Jean Siméon Chardin was born in 1699 and came to manhood a when the Rococo of Watteau, Fragonard, and Boucher was the style de jour. 

Rococo rivaled in decadent frivolity, depicting erotic nudity, romantic trysts, and carnality. The reality we associate with painting how we see in the manner of Velasques, Vermeer, and Chardin was all but absent at that time

The reality of Chardin’s works, especially his still-lives, significantly stands out among eighteenth-century painters. They are plain, unembellished and depict the real world as he saw it.

Chardin had little formal training compared to his contemporaries, he studied briefly with the Rococo Painter Pierre-Jaques Cazes (1676-1754)

By 1720, Chardin was assisting Noël-Nicolas Coypel (1690-1734) of the famous Coypel dynasty of artists, by painting still-life accessories in his canvases. 

In 1724 Chardin was accepted into the Academy of St Luke, a rival to the Royal Academy, though lacking the latter’s royal patronage.

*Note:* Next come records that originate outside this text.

-- ===== src/Store/Queue/LockRows.antt =====
-- The leases in the table of searches (internal/store/search_claim.go, lease_release.go,
-- repository.go) stand for locks.
use mathlib.Core.Option.{map as map_option, some-injective, none-ne-some}
use mathlib.Core.Bool.{true≢false, false≢true}
use subsyncd.Common.{
  ℕ, Bool, ◌≡◌, List, true, some, ◌∷◌, if◌then◌else◌, arith, Bool-cases, inl, none, subst, inr, [],
  refl, any, false, ◌++◌, ap, ◌∙◌, Option-cases, and_left, and_right,
}
use subsyncd.Store.Queue.Rows.{
  SearchRow, find_where, owned_by, is_row, lease_free, update_where, release_row,
}
use subsyncd.Store.Queue.Shape.{shaped, KeepsKey, all_rows}
use subsyncd.Common.Text.{String}
use subsyncd.Common.Time.{Instant}
use subsyncd.Store.Queue.Lock.{lock, lapsed, owns, extended, Lock, locks_of, lock_of}
use subsyncd.Store.Queue.Leases.{renew_row}

key-is_row :
    (id : ℕ) (language : String) (f : SearchRow → SearchRow)
    → KeepsKey f
    → (r : SearchRow) → is_row id language (f r) ≡ is_row id language r
key-is_row id language f key r = rw ((key r).0, (key r).1) refl

-- The row of a key, after an update.
pub find-update_where :
    (id : ℕ) (language : String) (p : SearchRow → Bool) (f : SearchRow → SearchRow)
    → KeepsKey f
    → (rows : List SearchRow)
    → find_where (is_row id language) (update_where p f rows)
      ≡ map_option (λ r. if p r then f r else r) (find_where (is_row id language) rows)
find-update_where id language p f key [] = refl
find-update_where id language p f key (r ∷ rows) = elim (Bool-cases (p r)) [
  | inr n ↦ elim (Bool-cases (is_row id language r)) [
    | inl k ↦ rw (n, k, n) refl
    | inr m ↦ rw (n, m, find-update_where id language p f key rows) refl
  ]
  | inl y ↦ elim (Bool-cases (is_row id language r)) [
    | inl k ↦ rw (y, key-is_row id language f key r ∙ k, k, y) refl
    | inr m ↦
        rw (y, key-is_row id language f key r ∙ m, m, find-update_where id language p f key rows)
          refl
  ]
]

-- A row that is found passes every test of all rows.
pub found-passes :
    (g p : SearchRow → Bool) (rows : List SearchRow) (r : SearchRow)
    → all_rows g rows ≡ true
    → find_where p rows ≡ some r
    → (g r ≡ true) × (p r ≡ true)
found-passes g p [] r h e = absurd (none-ne-some r e)
found-passes g p (s ∷ rows) r h e = elim (Bool-cases (p s)) [
  | inl y ↦
      let same : s ≡ r =
        some-injective s r (subst (λ b. (if b then some s else find_where p rows) ≡ some r) y e) in
      (
        subst (λ x. g x ≡ true) same (and_left (g s) (all_rows g rows) h),
        subst (λ x. p x ≡ true) same y,
      )
  | inr n ↦
      found-passes g p rows r (and_right (g s) (all_rows g rows) h)
        (subst (λ b. (if b then some s else find_where p rows) ≡ some r) n e)
]

-- On a row whose two columns agree, the tests of the statements are those of its lock.
pub shaped-lapsed :
    (now : Instant) (r : SearchRow) → shaped r ≡ true → lease_free now r ≡ lapsed now (lock r)
unfolding shaped
shaped-lapsed now r h = ground arith

pub shaped-owns :
    (job : String) (r : SearchRow) → shaped r ≡ true → owned_by job r ≡ owns job (lock r)
unfolding shaped
shaped-owns job r h = ground arith

pub renew-lock :
    (job : String) (until : Instant) (r : SearchRow)
    → shaped r ≡ true
    → lock (if owned_by job r then renew_row until r else r) ≡ extended job until (lock r)
unfolding shaped renew_row
renew-lock job until r h = ground arith

pub release-lock :
    (job : String) (r : SearchRow)
    → shaped r ≡ true
    → lock (if owned_by job r then release_row r else r)
      ≡ (if owns job (lock r) then none else lock r)
unfolding shaped
release-lock job r h = ground arith

-- The lock of a key, after an update that acts on each lock as `g`.
pub lock-update_where :
    (id : ℕ) (language : String) (p : SearchRow → Bool) (f : SearchRow → SearchRow)
    (g : Lock → Lock)
    → KeepsKey f
    → g none ≡ none
    → ((r : SearchRow)
        → shaped r ≡ true
        → is_row id language r ≡ true
        → lock (if p r then f r else r) ≡ g (lock r))
    → (rows : List SearchRow) → all_rows shaped rows ≡ true
    → locks_of (update_where p f rows) id language ≡ g (locks_of rows id language)
lock-update_where id language p f g key empty same rows h =
    ap lock_of (find-update_where id language p f key rows)
    ∙ elim (Option-cases (find_where (is_row id language) rows)) [
      | inl e ↦ rw (e, empty) refl
      | inr (r, e) ↦
          let (good, mine) = found-passes shaped (is_row id language) rows r h e in
          rw (e, same r good mine) refl
    ]

pub find-append :
    (p : SearchRow → Bool) (rows : List SearchRow) (r : SearchRow)
    → any p rows ≡ false
    → find_where p (rows ++ r ∷ []) ≡ (if p r then some r else none)
find-append p [] r h = refl
find-append p (s ∷ rows) r h = elim (Bool-cases (p s)) [
  | inl y ↦ absurd (true≢false (subst (λ b. (if b then true else any p rows) ≡ false) y h))
  | inr n ↦
      rw (n, find-append p rows r (subst (λ b. (if b then true else any p rows) ≡ false) n h)) refl
]

pub find-append-other :
    (p : SearchRow → Bool) (rows : List SearchRow) (r : SearchRow)
    → p r ≡ false
    → find_where p (rows ++ r ∷ []) ≡ find_where p rows
find-append-other p [] r h = rw h refl
find-append-other p (s ∷ rows) r h = elim (Bool-cases (p s)) [
  | inl y ↦ rw y refl
  | inr n ↦ rw (n, find-append-other p rows r h) refl
]

pub any-find :
    (p : SearchRow → Bool) (rows : List SearchRow) → any p rows ≡ false → find_where p rows ≡ none
any-find p [] h = refl
any-find p (s ∷ rows) h = elim (Bool-cases (p s)) [
  | inl y ↦ absurd (true≢false (subst (λ b. (if b then true else any p rows) ≡ false) y h))
  | inr n ↦ rw (n, any-find p rows (subst (λ b. (if b then true else any p rows) ≡ false) n h)) refl
]

pub any-found :
    (p : SearchRow → Bool) (rows : List SearchRow)
    → any p rows ≡ true
    → (r : SearchRow) × (find_where p rows ≡ some r)
any-found p [] h = absurd (false≢true h)
any-found p (s ∷ rows) h = elim (Bool-cases (p s)) [
  | inl y ↦ (s, ap (λ b. if b then some s else find_where p rows) y)
  | inr n ↦
      let (r, e) = any-found p rows (subst (λ b. (if b then true else any p rows) ≡ true) n h) in
      (r, ap (λ b. if b then some s else find_where p rows) n ∙ e)
]
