-- ===== src/Store/Queue/LockClaims.antt =====
-- `ClaimSearch` (internal/store/search_claim.go) takes the lock of its search, and no other.
use mathlib.Core.Bool.{true≢false, false≢true}
use mathlib.Core.Option.{some-injective, none-ne-some}
use subsyncd.Common.{
  Bool, ℕ, if◌then◌else◌, ◌≡◌, ◌==◌, ◌+◌, List, ◌≤◌, ◌&&◌, true, arith, false, any, refl, not, some,
  ◌∷◌, Bool-cases, ◌||◌, inr, subst, ap, inl, sym, [], ◌∙◌, ==_iff, and_left, negated, and_right,
  and_true,
}
use subsyncd.Store.Queue.Shape.{unique, shaped, IsTable, all_rows}
use subsyncd.Store.Queue.Rows.{
  SearchRow, QueueOrder, count_where, find_where, upsert, is_row, new_row, missing_priority,
}
use subsyncd.Common.Text.{String, str_eq, eq_iff}
use subsyncd.Common.Time.{Instant, Duration}
use subsyncd.Store.Queue.Lock.{lapsed, locks_of, lock, owns, lock_of}
use subsyncd.Store.Queue.LockRows.{
  find-append, shaped-lapsed, any-find, shaped-owns, any-found, found-passes, find-append-other,
  find-update_where, lock-update_where,
}
use subsyncd.Store.Queue.Counts.{key_eq, count_where-and, key_of, is_row_self, any-count_where}
use subsyncd.Store.Queue.Keeps.{claim_row-key}
use subsyncd.Store.Queue.Leases.{claim_row, claimable}

no_more : (n : ℕ) → 1 + n ≡ 1 → n ≡ 0
no_more n h = omega arith

less : (n : ℕ) → 0 + n ≡ 1 → n ≡ 1
less n h = omega arith

plus_zero : (n m : ℕ) → n ≡ m → 0 + n ≡ m
plus_zero n m h = omega arith

none_added : (n m k : ℕ) → k ≡ 0 → m ≤ k → n + m ≡ n
none_added n m k h l = omega arith

-- The found row is the only one of its key that passes a second test, or none is.
count-found :
    (p q : SearchRow → Bool) (rows : List SearchRow) (r : SearchRow)
    → count_where p rows ≡ 1
    → find_where p rows ≡ some r
    → count_where (λ s. p s && q s) rows ≡ (if q r then 1 else 0)
count-found p q [] r o e = absurd (none-ne-some r e)
count-found p q (s ∷ rows) r o e = elim (Bool-cases (p s)) [
  | inr n ↦ rw n (
      plus_zero (count_where (λ t. p t && q t) rows) (if q r then 1 else 0) (
        count-found p q rows r
          (less (count_where p rows)
            (subst (λ b. (if b then 1 else 0) + count_where p rows ≡ 1) n o))
          (subst (λ b. (if b then some s else find_where p rows) ≡ some r) n e)))
  | inl y ↦
      let same : s ≡ r =
        some-injective s r (subst (λ b. (if b then some s else find_where p rows) ≡ some r) y e) in
      let rest : count_where p rows ≡ 0 =
        no_more (count_where p rows)
          (subst (λ b. (if b then 1 else 0) + count_where p rows ≡ 1) y o) in
      rw y (
        subst
          (λ x.
            (if q s then 1 else 0) + count_where (λ t. p t && q t) rows ≡ (if q x then 1 else 0))
          same
          (none_added (if q s then 1 else 0) (count_where (λ t. p t && q t) rows)
            (count_where p rows) rest (count_where-and p q rows)))
]

-- The test of a claim is that of the lock.
claimable-lock :
    (job : String) (now : Instant) (r : SearchRow)
    → shaped r ≡ true
    → claimable job now r ≡ (lapsed now (lock r) || owns job (lock r))
claimable-lock job now r h = rw (shaped-lapsed now r h, shaped-owns job r h) refl

one_or_none : (b : Bool) → ((if b then 1 else 0) == 1) ≡ b
one_or_none true = refl
one_or_none false = refl

-- A key that is in a well-formed table is there once.
count-key :
    (id : ℕ) (language : String) (rows : List SearchRow)
    → unique rows ≡ true
    → any (is_row id language) rows ≡ true
    → count_where (is_row id language) rows ≡ 1
unfolding unique
count-key id language [] u h = absurd (false≢true h)
count-key id language (r ∷ rows) u h = elim (Bool-cases (is_row id language r)) [
  | inr n ↦ rw n (
      plus_zero (count_where (is_row id language) rows) 1 (
        count-key id language rows (and_right (not (any (key_of r) rows)) (unique rows) u)
          (subst (λ b. (if b then true else any (is_row id language) rows) ≡ true) n h)))
  | inl y ↦
      let (i, l) = key_eq id language r y in
      let none_later : any (is_row id language) rows ≡ false =
        subst (λ x. any (is_row x language) rows ≡ false) i
          (subst (λ x. any (is_row r.media_id x) rows ≡ false) l
            (negated (any (key_of r) rows)
              (and_left (not (any (key_of r) rows)) (unique rows) u))) in
      rw (y, any-count_where (is_row id language) rows none_later) refl
]

key_other :
    (id : ℕ) (language : String) (id' : ℕ) (language' : String) (r : SearchRow)
    → (id == id' && str_eq language language') ≡ false
    → is_row id' language' r ≡ true
    → is_row id language r ≡ false
key_other id language id' language' r d k = elim (Bool-cases (is_row id language r)) [
  | inr n ↦ n
  | inl y ↦
      let (i, l) = key_eq id language r y in
      let (i', l') = key_eq id' language' r k in
      absurd (
        true≢false (
          sym (
            and_true (id == id') (str_eq language language') ((==_iff id id').1 (sym i ∙ i'))
              ((eq_iff language language').1 (sym l ∙ l')))
          ∙ d))
]

module _ (o : QueueOrder) (id : ℕ) (language job : String) (now : Instant) (lease : Duration) where
  abbrev pub after_claim : List SearchRow → List SearchRow
  after_claim rows =
      upsert (claim_row job (now + lease) (new_row o id language now missing_priority))
        (claimable job now) (claim_row job (now + lease)) rows

  own-row :
      (r : SearchRow)
      → shaped r ≡ true
      → is_row id language r ≡ true
      → lock
          (if is_row id language r && claimable job now r then claim_row job (now + lease) r else r)
        ≡ (if lapsed now (lock r) || owns job (lock r) then some (job, now + lease) else lock r)
  unfolding claim_row
  own-row r good mine = elim (Bool-cases (claimable job now r)) [
    | inl c ↦ rw (mine, c, sym (claimable-lock job now r good) ∙ c) refl
    | inr c ↦ rw (mine, c, sym (claimable-lock job now r good) ∙ c) refl
  ]

  -- Its own lock, and what the caller is told.
  pub claim-own :
      (rows : List SearchRow)
      → all_rows shaped rows ≡ true
      → locks_of (after_claim rows) id language ≡ (
          if lapsed now (locks_of rows id language) || owns job (locks_of rows id language)
          then some (job, now + lease)
          else locks_of rows id language)
  unfolding claim_row
  claim-own rows h = elim (Bool-cases (any (is_row id language) rows)) [
    | inr n ↦
        rw
          (
            n,
            find-append (is_row id language) rows
                (claim_row job (now + lease) (new_row o id language now missing_priority)) n,
            is_row_self (new_row o id language now missing_priority),
            any-find (is_row id language) rows n,
          )
          refl
    | inl y ↦
        let (r, e) = any-found (is_row id language) rows y in
        let (good, mine) = found-passes shaped (is_row id language) rows r h e in
        rw y (
          ap lock_of (
            find-update_where id language (λ s. is_row id language s && claimable job now s)
              (claim_row job (now + lease)) (claim_row-key job (now + lease)) rows)
          ∙ rw e (own-row r good mine))
  ]

  pub claim-answer :
      (rows : List SearchRow)
      → IsTable rows
      → (not (any (is_row id language) rows)
          || count_where (λ s. is_row id language s && claimable job now s) rows == 1)
        ≡ (lapsed now (locks_of rows id language) || owns job (locks_of rows id language))
  claim-answer rows (h, u) = elim (Bool-cases (any (is_row id language) rows)) [
    | inr n ↦ rw (n, any-find (is_row id language) rows n) refl
    | inl y ↦
        let (r, e) = any-found (is_row id language) rows y in
        let (good, mine) = found-passes shaped (is_row id language) rows r h e in
        rw
          (
            y,
            e,
            count-found (is_row id language) (claimable job now) rows r
                (count-key id language rows u y) e,
          )
          (one_or_none (claimable job now r) ∙ claimable-lock job now r good)
  ]

  -- The other locks.
  pub claim-other :
      (rows : List SearchRow) (id' : ℕ) (language' : String)
      → all_rows shaped rows ≡ true
      → (id == id' && str_eq language language') ≡ false
      → locks_of (after_claim rows) id' language' ≡ locks_of rows id' language'
  unfolding claim_row
  claim-other rows id' language' h d = elim (Bool-cases (any (is_row id language) rows)) [
    | inr n ↦ rw n (
        ap lock_of (
          find-append-other (is_row id' language') rows
            (claim_row job (now + lease) (new_row o id language now missing_priority)) d))
    | inl y ↦ rw y (
        lock-update_where id' language' (λ s. is_row id language s && claimable job now s)
          (claim_row job (now + lease)) (λ l. l) (claim_row-key job (now + lease)) refl
          (λ r _ k. rw (key_other id language id' language' r d k) refl) rows h)
  ]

In the 17th century, the Royal Academy of Painting and Sculpture dictated style for all artists. It had established a hierarchy of genres in painting, classifying subjects from the Bible, history, and literature as part of the ‘grand genre’ because they were considered moral or ennobling. All other subjects, including still-lives, portraiture, and landscape, were categorized as ‘petit genre,’ which was considered much inferior.

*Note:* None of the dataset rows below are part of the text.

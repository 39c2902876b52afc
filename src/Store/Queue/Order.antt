-- ===== src/Store/Queue/Order.antt =====
-- Comparisons that order, and that the ORDER BY of `LeaseDueSearchesExcept`
-- (internal/store/repository.go) is one.
use Prim.Native.String.compare as text_clauses
use Prim.Native.Char.{code}
use Prim.Native.Nat.{Ordering, compare}
use Prim.Native.String.{then as or_then, compare as compare_text}
use mathlib.Core.Bool.{true≢false}
use subsyncd.Common.{◌≡◌, ℕ, Bool, refl, false, arith, true, ap, sym, ◌∙◌}
use subsyncd.Store.Queue.Due.{queue_compare}
use subsyncd.Common.Text.{String}
use subsyncd.Store.Queue.Rows.{SearchRow}

abbrev pub is_gt : Ordering → Bool
is_gt o = elim o [ Ordering.gt ↦ true | _ ↦ false ]

abbrev pub is_lt : Ordering → Bool
is_lt o = elim o [ Ordering.lt ↦ true | _ ↦ false ]

abbrev pub flip : Ordering → Ordering
flip Ordering.lt = Ordering.gt
flip Ordering.eq = Ordering.eq
flip Ordering.gt = Ordering.lt

-- A comparison that answers alike in both directions, and along a chain as its first step that is
-- not equal does.
pub record IsOrder {A : Type 0} (cmp : A → A → Ordering) : Type 0 where
  pub swap : (x y : A) → cmp y x ≡ flip (cmp x y)
  pub chain :
      (x y z : A)
      → is_gt (cmp x y) ≡ false
      → is_gt (cmp y z) ≡ false
      → cmp x z ≡ or_then (cmp x y) (cmp y z)

flip-then : (a b a' b' : Ordering) → a' ≡ flip a → b' ≡ flip b → or_then a' b' ≡ flip (or_then a b)
flip-then Ordering.lt b a' b' h k = rw h refl
flip-then Ordering.eq b a' b' h k = rw h k
flip-then Ordering.gt b a' b' h k = rw h refl

then_chain :
    (a b c a' b' c' : Ordering)
    → (is_gt a ≡ false → is_gt b ≡ false → c ≡ or_then a b)
    → (is_gt a' ≡ false → is_gt b' ≡ false → c' ≡ or_then a' b')
    → is_gt (or_then a a') ≡ false
    → is_gt (or_then b b') ≡ false
    → or_then c c' ≡ or_then (or_then a a') (or_then b b')
then_chain Ordering.lt Ordering.lt c a' b' c' h h' p q = rw (h refl refl) refl
then_chain Ordering.lt Ordering.eq c a' b' c' h h' p q = rw (h refl refl) refl
then_chain Ordering.lt Ordering.gt c a' b' c' h h' p q = absurd (true≢false q)
then_chain Ordering.eq Ordering.lt c Ordering.lt b' c' h h' p q = rw (h refl refl) refl
then_chain Ordering.eq Ordering.lt c Ordering.eq b' c' h h' p q = rw (h refl refl) refl
then_chain Ordering.eq Ordering.lt c Ordering.gt b' c' h h' p q = absurd (true≢false p)
then_chain Ordering.eq Ordering.eq c a' b' c' h h' p q = rw (h refl refl) (h' p q)
then_chain Ordering.eq Ordering.gt c a' b' c' h h' p q = absurd (true≢false q)
then_chain Ordering.gt b c a' b' c' h h' p q = absurd (true≢false p)

-- One comparison, and where it answers "equal" another.
pub then-IsOrder :
    {A : Type 0} {f g : A → A → Ordering}
    → IsOrder f
    → IsOrder g
    → IsOrder (λ (x y : A). or_then (f x y) (g x y))
then-IsOrder {A} {f} {g} p q = record {
  swap = λ x y. flip-then (f x y) (g x y) (f y x) (g y x) (p.swap x y) (q.swap x y);
  chain = λ x y z.
      then_chain (f x y) (f y z) (f x z) (g x y) (g y z) (g x z) (p.chain x y z) (q.chain x y z);
}

numbers_swap : (m n : ℕ) → compare n m ≡ flip (compare m n)
numbers_swap m n = ground arith

numbers_chain :
    (k m n : ℕ)
    → is_gt (compare k m) ≡ false
    → is_gt (compare m n) ≡ false
    → compare k n ≡ or_then (compare k m) (compare m n)
numbers_chain k m n h j = ground arith

pub numbers-IsOrder : {A : Type 0} (key : A → ℕ) → IsOrder (λ (x y : A). compare (key x) (key y))
numbers-IsOrder key = record {
  swap = λ x y. numbers_swap (key x) (key y);
  chain = λ x y z. numbers_chain (key x) (key y) (key z);
}

descending_chain :
    (k m n : ℕ)
    → is_gt (compare m k) ≡ false
    → is_gt (compare n m) ≡ false
    → compare n k ≡ or_then (compare m k) (compare n m)
descending_chain k m n h j = ground arith

pub descending-IsOrder : {A : Type 0} (key : A → ℕ) → IsOrder (λ (x y : A). compare (key y) (key x))
descending-IsOrder key = record {
  swap = λ x y. numbers_swap (key y) (key x);
  chain = λ x y z. descending_chain (key x) (key y) (key z);
}

text_swap : (s t : String) → compare_text t s ≡ flip (compare_text s t)
text_swap String.[] String.[] = rw text_clauses.nil-nil refl
text_swap String.[] (String.◌∷◌ d t) =
    rw (text_clauses.nil-cons d t, text_clauses.cons-nil d t) refl
text_swap (String.◌∷◌ c s) String.[] =
    rw (text_clauses.nil-cons c s, text_clauses.cons-nil c s) refl
text_swap (String.◌∷◌ c s) (String.◌∷◌ d t) =
    rw (text_clauses.cons-cons c d s t, text_clauses.cons-cons d c t s)
      (flip-then (compare (code c) (code d)) (compare_text s t) _ _ (numbers_swap (code c) (code d))
        (text_swap s t))

text_chain :
    (s t u : String)
    → is_gt (compare_text s t) ≡ false
    → is_gt (compare_text t u) ≡ false
    → compare_text s u ≡ or_then (compare_text s t) (compare_text t u)
text_chain String.[] String.[] u h k = refl
text_chain String.[] (String.◌∷◌ d t) String.[] h k =
    absurd (true≢false (ap is_gt (sym (text_clauses.cons-nil d t)) ∙ k))
text_chain String.[] (String.◌∷◌ d t) (String.◌∷◌ e u) h k =
    rw (text_clauses.nil-cons d t, text_clauses.nil-cons e u) refl
text_chain (String.◌∷◌ c s) String.[] u h k =
    absurd (true≢false (ap is_gt (sym (text_clauses.cons-nil c s)) ∙ h))
text_chain (String.◌∷◌ c s) (String.◌∷◌ d t) String.[] h k =
    absurd (true≢false (ap is_gt (sym (text_clauses.cons-nil d t)) ∙ k))
text_chain (String.◌∷◌ c s) (String.◌∷◌ d t) (String.◌∷◌ e u) h k =
    rw
      (
        text_clauses.cons-cons c d s t,
        text_clauses.cons-cons d e t u,
        text_clauses.cons-cons c e s u,
      )
      (then_chain (compare (code c) (code d)) (compare (code d) (code e))
        (compare (code c) (code e)) (compare_text s t) (compare_text t u) (compare_text s u)
        (numbers_chain (code c) (code d) (code e)) (text_chain s t u)
        (ap is_gt (sym (text_clauses.cons-cons c d s t)) ∙ h)
        (ap is_gt (sym (text_clauses.cons-cons d e t u)) ∙ k))

pub texts-IsOrder :
    {A : Type 0} (key : A → String) → IsOrder (λ (x y : A). compare_text (key x) (key y))
texts-IsOrder key = record {
  swap = λ x y. text_swap (key x) (key y);
  chain = λ x y z. text_chain (key x) (key y) (key z);
}

pub queue_compare-IsOrder : IsOrder queue_compare
unfolding queue_compare
queue_compare-IsOrder = then-IsOrder (descending-IsOrder (λ (r : SearchRow). r.priority)) (
    then-IsOrder (descending-IsOrder (λ (r : SearchRow). r.instance_rank)) (
      then-IsOrder (numbers-IsOrder (λ (r : SearchRow). r.queue_order)) (
        then-IsOrder (numbers-IsOrder (λ (r : SearchRow). r.next_attempt_at)) (
          then-IsOrder (texts-IsOrder (λ (r : SearchRow). r.sort_title)) (
            then-IsOrder (numbers-IsOrder (λ (r : SearchRow). r.sort_series)) (
              then-IsOrder (numbers-IsOrder (λ (r : SearchRow). r.sort_season)) (
                then-IsOrder (numbers-IsOrder (λ (r : SearchRow). r.sort_episode)) (
                  then-IsOrder (numbers-IsOrder (λ (r : SearchRow). r.media_id))
                    (texts-IsOrder (λ (r : SearchRow). r.language))))))))))

-- What is not after something, nor that after a third, is not after the third.
pub not_after_trans :
    (a b c : Ordering)
    → (is_gt a ≡ false → is_gt b ≡ false → c ≡ or_then a b)
    → is_gt a ≡ false
    → is_gt b ≡ false
    → is_gt c ≡ false
not_after_trans Ordering.lt b c h p q = rw (h p q) refl
not_after_trans Ordering.eq b c h p q = rw (h p q) q
not_after_trans Ordering.gt b c h p q = absurd (true≢false p)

Best known for his still-lives, Chardin began his career as a Genre painter of everyday life. Being a ‘petit genre’ painter, found it challenging to gain lucrative commissions.  His second-rate formal education and little conventional art training, gave him a sense of inadequacy throughout his career.

The beginning of the eighteenth century saw the Royal Academy’s influence begin to wane in light of a steady change in taste. Absolutism in matters of artistic style disappeared with the death of Louis XIV, the absolute monarch.

Louis XV succeeded him, then a child of five. His regent, Philippe II Charles, Duc d’Orléans, favored the Palais-Royal, the royal residence in Paris, to Versailles. As part of this trend, there was a renewed interest in Dutch cabinet pictures that were more fitting for their new style of décor.

Chardin received commissions to do still-lives for the Palais-Royal, which was the turning point in his career. 

In 1728 Chardin’s ‘The Buffet’ was submitted and accepted by the Royal Academy. Almost immediately, the Academy named Jean Siméon, an Associate and Academician, a rare achievement for any artist, let alone one who had not studied at the Academy.

Chardin totally re-defined the Genre of still-life painting, he is also part of the lineage of realist painters which includes, Velasquez, and Vermeer, that painted what they observed as the eye observes it. This is Chromatic Chiaroscuro or Clair-obscur in the Manner of Da Vinci. This is exactly what Leo had in mind.

Chardin abandoned still life painting in the 1730s and returned to his earlier paintings of ordinary people he had tried at the beginning of his career. Paris. 

Chardin abandoned still life painting in the 1730s and returned to his earlier paintings of ordinary people he had tried at the beginning of his career. In the next few years, Chardin made fewer and fewer appearances at the Salon. He was elected to Adviser to the Royal Academy in 1743, a job which left little time for painting.

By the 1770s, Chardin began to suffer severely from an eye affliction, which is suspected to be a result of lead poisoning from Lead white-pigments used by all painters in the eighteenth century.

From 1771 on the works displayed at the Salon were all pastel studies of heads. His last appearance was in 1779, gravely ill by November of that year, he died in Paris on December 6, at the age of 80.